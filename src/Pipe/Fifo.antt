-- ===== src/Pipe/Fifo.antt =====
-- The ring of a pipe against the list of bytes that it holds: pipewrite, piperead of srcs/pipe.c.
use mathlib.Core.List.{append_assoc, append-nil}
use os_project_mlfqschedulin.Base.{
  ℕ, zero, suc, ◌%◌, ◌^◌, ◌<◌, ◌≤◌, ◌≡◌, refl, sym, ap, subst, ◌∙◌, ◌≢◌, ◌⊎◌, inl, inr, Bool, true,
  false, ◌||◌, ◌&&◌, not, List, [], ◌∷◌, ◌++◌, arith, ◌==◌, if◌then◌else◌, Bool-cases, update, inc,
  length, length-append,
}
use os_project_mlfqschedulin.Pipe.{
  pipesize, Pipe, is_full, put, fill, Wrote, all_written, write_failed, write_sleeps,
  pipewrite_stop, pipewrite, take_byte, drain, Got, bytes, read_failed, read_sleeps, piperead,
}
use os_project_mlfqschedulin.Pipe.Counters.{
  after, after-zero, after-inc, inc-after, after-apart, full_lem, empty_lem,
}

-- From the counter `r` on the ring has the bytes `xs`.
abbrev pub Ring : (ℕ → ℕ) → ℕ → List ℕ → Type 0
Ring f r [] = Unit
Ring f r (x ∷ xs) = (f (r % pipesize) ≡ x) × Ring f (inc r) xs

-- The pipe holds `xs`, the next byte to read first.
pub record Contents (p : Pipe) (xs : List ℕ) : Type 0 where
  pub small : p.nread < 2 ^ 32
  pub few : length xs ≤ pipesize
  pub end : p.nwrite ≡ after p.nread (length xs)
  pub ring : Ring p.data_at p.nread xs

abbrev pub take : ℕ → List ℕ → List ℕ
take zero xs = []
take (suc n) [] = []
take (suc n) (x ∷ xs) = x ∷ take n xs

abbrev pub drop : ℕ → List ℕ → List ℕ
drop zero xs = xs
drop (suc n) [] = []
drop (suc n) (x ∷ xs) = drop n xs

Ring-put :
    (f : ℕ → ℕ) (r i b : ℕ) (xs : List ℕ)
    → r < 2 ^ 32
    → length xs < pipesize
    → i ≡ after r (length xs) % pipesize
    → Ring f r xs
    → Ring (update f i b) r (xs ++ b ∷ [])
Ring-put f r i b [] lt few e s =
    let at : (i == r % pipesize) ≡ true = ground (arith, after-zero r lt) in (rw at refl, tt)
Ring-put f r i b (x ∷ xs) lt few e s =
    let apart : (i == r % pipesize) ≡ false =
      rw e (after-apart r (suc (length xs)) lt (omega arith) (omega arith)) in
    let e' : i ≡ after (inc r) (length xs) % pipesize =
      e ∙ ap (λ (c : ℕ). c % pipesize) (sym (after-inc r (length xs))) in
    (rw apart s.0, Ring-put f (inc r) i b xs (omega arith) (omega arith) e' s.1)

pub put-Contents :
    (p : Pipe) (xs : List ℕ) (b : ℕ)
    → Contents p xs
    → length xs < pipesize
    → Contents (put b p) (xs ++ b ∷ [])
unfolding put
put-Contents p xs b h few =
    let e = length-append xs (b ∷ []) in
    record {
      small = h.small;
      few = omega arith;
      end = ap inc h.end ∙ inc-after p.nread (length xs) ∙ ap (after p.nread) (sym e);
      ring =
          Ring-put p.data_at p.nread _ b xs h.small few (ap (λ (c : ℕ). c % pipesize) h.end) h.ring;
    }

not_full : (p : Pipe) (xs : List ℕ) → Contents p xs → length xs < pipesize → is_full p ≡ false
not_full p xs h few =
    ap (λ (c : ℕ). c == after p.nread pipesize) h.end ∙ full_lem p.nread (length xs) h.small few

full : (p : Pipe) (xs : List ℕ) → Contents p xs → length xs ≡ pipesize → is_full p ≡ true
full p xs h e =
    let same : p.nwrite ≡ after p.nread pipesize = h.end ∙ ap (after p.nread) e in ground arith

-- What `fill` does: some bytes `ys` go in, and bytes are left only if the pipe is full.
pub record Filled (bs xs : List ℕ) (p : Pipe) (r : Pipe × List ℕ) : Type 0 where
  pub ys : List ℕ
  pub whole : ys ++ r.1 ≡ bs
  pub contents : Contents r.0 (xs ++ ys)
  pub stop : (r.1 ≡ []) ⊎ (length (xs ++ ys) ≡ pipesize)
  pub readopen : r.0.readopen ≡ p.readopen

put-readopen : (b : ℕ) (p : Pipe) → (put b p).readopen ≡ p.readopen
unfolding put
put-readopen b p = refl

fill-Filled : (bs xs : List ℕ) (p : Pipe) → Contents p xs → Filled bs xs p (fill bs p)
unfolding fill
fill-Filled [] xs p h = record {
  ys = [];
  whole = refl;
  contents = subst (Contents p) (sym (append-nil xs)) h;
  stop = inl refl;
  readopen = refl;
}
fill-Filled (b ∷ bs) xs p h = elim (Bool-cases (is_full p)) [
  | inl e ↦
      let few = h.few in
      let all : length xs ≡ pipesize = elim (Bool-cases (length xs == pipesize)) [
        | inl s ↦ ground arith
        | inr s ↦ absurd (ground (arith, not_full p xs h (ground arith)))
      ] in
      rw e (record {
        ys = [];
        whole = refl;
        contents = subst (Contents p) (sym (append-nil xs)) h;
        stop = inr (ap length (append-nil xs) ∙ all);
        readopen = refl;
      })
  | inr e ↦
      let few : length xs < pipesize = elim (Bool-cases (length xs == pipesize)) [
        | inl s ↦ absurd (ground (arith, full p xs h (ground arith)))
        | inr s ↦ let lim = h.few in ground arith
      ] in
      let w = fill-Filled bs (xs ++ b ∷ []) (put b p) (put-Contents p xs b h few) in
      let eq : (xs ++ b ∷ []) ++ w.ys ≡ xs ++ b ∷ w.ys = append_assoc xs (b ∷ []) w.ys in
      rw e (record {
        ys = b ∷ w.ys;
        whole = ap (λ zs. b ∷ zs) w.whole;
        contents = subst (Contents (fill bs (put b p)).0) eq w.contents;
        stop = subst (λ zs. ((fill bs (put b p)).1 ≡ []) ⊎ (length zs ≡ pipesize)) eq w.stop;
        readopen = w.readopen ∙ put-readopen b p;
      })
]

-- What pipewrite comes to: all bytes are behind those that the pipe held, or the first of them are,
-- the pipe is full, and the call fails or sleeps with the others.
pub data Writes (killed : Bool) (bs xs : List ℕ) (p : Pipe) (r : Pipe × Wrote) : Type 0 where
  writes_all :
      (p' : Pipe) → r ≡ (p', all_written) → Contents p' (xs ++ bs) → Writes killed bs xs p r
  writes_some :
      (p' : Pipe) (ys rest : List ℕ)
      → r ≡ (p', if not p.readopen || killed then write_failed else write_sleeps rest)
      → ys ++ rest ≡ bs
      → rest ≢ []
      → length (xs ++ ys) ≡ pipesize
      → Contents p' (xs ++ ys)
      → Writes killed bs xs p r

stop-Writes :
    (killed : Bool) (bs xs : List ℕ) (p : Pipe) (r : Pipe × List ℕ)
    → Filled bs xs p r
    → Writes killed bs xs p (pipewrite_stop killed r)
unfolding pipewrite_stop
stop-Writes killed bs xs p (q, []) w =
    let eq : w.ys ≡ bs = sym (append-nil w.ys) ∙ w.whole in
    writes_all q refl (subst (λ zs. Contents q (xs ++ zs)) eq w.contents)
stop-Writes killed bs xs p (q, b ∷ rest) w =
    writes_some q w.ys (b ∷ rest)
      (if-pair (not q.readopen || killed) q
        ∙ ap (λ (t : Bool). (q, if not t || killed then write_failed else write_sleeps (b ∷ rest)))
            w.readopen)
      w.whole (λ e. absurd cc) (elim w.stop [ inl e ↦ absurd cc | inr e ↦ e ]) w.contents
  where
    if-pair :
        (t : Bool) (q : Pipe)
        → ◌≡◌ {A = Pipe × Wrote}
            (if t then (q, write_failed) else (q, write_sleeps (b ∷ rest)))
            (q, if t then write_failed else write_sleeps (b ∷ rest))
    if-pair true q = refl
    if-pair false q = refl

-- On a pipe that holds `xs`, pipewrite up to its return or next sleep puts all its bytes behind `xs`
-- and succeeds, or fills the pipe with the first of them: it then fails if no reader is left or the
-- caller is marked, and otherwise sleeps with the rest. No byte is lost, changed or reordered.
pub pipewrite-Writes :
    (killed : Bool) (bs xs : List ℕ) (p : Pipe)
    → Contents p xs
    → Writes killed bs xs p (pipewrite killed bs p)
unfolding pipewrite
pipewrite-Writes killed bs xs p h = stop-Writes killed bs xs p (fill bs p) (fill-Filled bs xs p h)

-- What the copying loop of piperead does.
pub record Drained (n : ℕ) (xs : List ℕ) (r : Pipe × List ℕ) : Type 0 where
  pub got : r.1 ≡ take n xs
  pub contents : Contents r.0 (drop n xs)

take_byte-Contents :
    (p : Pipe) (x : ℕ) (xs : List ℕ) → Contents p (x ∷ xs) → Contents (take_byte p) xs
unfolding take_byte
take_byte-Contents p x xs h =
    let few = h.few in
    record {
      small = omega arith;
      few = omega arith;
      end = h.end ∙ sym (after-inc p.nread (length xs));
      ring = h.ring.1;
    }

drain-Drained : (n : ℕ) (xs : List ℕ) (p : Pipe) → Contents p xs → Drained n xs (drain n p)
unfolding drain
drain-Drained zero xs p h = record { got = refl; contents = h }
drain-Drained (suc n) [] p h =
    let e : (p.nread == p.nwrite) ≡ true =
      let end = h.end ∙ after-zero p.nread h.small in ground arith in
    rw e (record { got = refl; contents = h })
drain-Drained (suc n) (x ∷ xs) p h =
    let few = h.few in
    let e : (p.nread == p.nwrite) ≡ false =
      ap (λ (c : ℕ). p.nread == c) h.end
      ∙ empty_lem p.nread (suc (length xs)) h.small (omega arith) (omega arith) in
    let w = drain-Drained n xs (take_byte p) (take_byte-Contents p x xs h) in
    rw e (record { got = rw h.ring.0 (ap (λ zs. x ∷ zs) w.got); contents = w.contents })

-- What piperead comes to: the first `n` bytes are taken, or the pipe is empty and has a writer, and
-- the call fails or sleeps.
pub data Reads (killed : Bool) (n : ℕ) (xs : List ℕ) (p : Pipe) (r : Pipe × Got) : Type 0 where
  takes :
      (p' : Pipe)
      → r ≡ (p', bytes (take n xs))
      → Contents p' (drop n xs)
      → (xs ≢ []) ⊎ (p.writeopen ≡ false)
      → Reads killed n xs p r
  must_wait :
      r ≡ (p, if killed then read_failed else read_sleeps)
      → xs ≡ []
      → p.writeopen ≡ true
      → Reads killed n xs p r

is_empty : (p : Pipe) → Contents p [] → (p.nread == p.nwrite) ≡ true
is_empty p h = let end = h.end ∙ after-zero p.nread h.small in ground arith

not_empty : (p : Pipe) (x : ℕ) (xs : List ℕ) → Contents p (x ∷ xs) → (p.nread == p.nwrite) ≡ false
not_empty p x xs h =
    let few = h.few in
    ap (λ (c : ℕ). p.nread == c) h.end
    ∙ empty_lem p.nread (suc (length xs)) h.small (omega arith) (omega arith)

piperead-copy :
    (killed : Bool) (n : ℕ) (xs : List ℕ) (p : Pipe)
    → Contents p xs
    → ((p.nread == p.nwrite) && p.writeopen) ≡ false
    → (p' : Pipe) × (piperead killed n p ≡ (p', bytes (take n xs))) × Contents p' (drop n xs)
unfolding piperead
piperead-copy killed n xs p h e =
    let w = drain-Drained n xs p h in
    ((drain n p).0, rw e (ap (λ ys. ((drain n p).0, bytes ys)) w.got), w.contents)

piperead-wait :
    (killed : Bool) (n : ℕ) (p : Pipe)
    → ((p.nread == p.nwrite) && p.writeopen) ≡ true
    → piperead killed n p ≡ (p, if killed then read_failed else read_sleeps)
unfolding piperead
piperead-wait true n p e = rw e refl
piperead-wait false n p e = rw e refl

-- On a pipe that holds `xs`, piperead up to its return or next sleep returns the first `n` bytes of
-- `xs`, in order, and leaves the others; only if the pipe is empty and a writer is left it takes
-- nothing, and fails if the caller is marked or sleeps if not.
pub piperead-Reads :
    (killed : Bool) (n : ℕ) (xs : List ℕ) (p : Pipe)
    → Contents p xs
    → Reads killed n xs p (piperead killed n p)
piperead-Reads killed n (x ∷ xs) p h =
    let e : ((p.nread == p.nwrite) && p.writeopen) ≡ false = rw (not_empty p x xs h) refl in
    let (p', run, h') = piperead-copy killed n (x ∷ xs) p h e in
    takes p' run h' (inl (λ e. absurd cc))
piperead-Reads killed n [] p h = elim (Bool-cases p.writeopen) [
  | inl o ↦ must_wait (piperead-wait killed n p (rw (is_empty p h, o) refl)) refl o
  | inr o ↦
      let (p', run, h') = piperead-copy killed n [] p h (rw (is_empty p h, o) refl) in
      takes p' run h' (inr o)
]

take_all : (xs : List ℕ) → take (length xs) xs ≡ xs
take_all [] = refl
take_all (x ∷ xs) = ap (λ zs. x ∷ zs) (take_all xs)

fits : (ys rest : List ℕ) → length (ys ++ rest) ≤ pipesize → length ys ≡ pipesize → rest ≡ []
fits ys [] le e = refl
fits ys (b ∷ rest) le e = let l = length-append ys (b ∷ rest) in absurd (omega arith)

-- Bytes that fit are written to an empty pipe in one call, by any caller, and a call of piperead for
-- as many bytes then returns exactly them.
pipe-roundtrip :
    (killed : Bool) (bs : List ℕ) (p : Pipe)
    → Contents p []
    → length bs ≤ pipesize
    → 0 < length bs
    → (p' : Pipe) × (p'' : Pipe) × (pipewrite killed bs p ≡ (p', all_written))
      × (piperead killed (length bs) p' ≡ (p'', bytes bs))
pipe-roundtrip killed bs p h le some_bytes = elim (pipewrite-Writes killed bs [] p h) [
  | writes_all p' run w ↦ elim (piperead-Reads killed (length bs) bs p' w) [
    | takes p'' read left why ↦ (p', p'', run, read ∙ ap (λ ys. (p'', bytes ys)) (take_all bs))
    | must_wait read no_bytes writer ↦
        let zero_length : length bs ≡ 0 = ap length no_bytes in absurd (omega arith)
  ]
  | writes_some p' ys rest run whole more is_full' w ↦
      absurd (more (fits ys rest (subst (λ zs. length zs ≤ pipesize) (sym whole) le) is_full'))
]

******

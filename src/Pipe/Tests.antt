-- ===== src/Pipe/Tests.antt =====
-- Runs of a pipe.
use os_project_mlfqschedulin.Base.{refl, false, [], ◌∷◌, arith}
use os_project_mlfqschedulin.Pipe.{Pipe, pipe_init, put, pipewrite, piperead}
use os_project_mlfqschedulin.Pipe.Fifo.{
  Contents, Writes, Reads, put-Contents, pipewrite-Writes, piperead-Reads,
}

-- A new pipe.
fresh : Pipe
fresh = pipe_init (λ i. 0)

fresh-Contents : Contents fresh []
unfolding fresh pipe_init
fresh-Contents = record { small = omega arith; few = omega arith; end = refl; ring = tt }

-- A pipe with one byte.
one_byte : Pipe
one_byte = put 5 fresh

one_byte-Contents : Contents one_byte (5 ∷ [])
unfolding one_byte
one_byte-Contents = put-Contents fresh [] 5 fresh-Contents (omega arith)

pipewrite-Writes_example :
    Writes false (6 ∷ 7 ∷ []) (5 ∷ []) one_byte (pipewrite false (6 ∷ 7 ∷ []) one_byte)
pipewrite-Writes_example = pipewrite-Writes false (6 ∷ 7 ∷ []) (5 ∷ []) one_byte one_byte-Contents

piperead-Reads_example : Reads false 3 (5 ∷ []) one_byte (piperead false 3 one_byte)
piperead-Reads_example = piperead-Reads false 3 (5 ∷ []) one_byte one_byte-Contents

******

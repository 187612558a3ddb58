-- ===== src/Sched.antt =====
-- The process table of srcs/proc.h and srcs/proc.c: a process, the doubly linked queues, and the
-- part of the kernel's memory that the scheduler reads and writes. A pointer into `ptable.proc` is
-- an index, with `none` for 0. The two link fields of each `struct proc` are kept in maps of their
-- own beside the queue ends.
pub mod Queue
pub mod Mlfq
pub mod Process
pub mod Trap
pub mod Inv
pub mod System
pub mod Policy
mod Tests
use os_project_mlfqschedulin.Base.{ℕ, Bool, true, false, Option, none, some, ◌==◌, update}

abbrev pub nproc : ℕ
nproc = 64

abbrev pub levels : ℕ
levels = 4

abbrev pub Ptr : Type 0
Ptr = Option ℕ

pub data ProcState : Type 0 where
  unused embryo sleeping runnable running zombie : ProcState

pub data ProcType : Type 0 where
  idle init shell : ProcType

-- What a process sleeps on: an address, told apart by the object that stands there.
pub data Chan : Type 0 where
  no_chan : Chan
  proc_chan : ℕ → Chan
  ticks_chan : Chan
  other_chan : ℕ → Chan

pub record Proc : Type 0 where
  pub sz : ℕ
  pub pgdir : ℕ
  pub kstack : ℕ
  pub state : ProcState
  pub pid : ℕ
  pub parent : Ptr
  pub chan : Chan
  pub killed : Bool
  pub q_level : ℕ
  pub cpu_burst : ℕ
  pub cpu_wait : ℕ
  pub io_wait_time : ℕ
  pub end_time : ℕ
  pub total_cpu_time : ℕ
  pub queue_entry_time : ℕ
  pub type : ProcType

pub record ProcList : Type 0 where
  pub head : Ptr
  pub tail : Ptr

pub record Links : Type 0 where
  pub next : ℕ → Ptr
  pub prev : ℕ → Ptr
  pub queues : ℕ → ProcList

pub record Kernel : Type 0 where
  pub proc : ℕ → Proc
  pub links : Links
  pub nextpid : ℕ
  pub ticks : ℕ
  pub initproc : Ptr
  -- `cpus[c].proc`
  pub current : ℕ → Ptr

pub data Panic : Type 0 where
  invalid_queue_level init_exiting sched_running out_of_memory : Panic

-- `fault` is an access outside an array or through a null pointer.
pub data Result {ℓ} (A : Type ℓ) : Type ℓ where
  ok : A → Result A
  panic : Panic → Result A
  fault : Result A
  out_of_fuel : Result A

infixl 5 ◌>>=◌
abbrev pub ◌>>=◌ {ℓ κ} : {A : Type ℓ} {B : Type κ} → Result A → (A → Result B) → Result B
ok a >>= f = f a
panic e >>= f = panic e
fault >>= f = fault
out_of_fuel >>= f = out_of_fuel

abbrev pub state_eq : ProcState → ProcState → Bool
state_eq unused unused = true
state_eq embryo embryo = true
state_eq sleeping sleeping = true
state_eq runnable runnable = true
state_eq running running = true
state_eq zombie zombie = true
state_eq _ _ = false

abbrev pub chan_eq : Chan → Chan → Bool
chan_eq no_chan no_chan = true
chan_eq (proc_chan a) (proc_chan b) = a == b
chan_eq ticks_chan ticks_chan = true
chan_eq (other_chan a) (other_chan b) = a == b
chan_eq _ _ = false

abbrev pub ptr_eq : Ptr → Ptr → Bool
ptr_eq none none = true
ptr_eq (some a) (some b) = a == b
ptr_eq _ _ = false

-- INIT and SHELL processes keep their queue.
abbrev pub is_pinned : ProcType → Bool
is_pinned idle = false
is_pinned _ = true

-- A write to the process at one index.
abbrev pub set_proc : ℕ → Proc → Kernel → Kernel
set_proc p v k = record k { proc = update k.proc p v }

******

*What is needed*.
Copy whichever lines above contain the string "zombie".

*Solution for this task*.
  unused embryo sleeping runnable running zombie : ProcState
state_eq zombie zombie = true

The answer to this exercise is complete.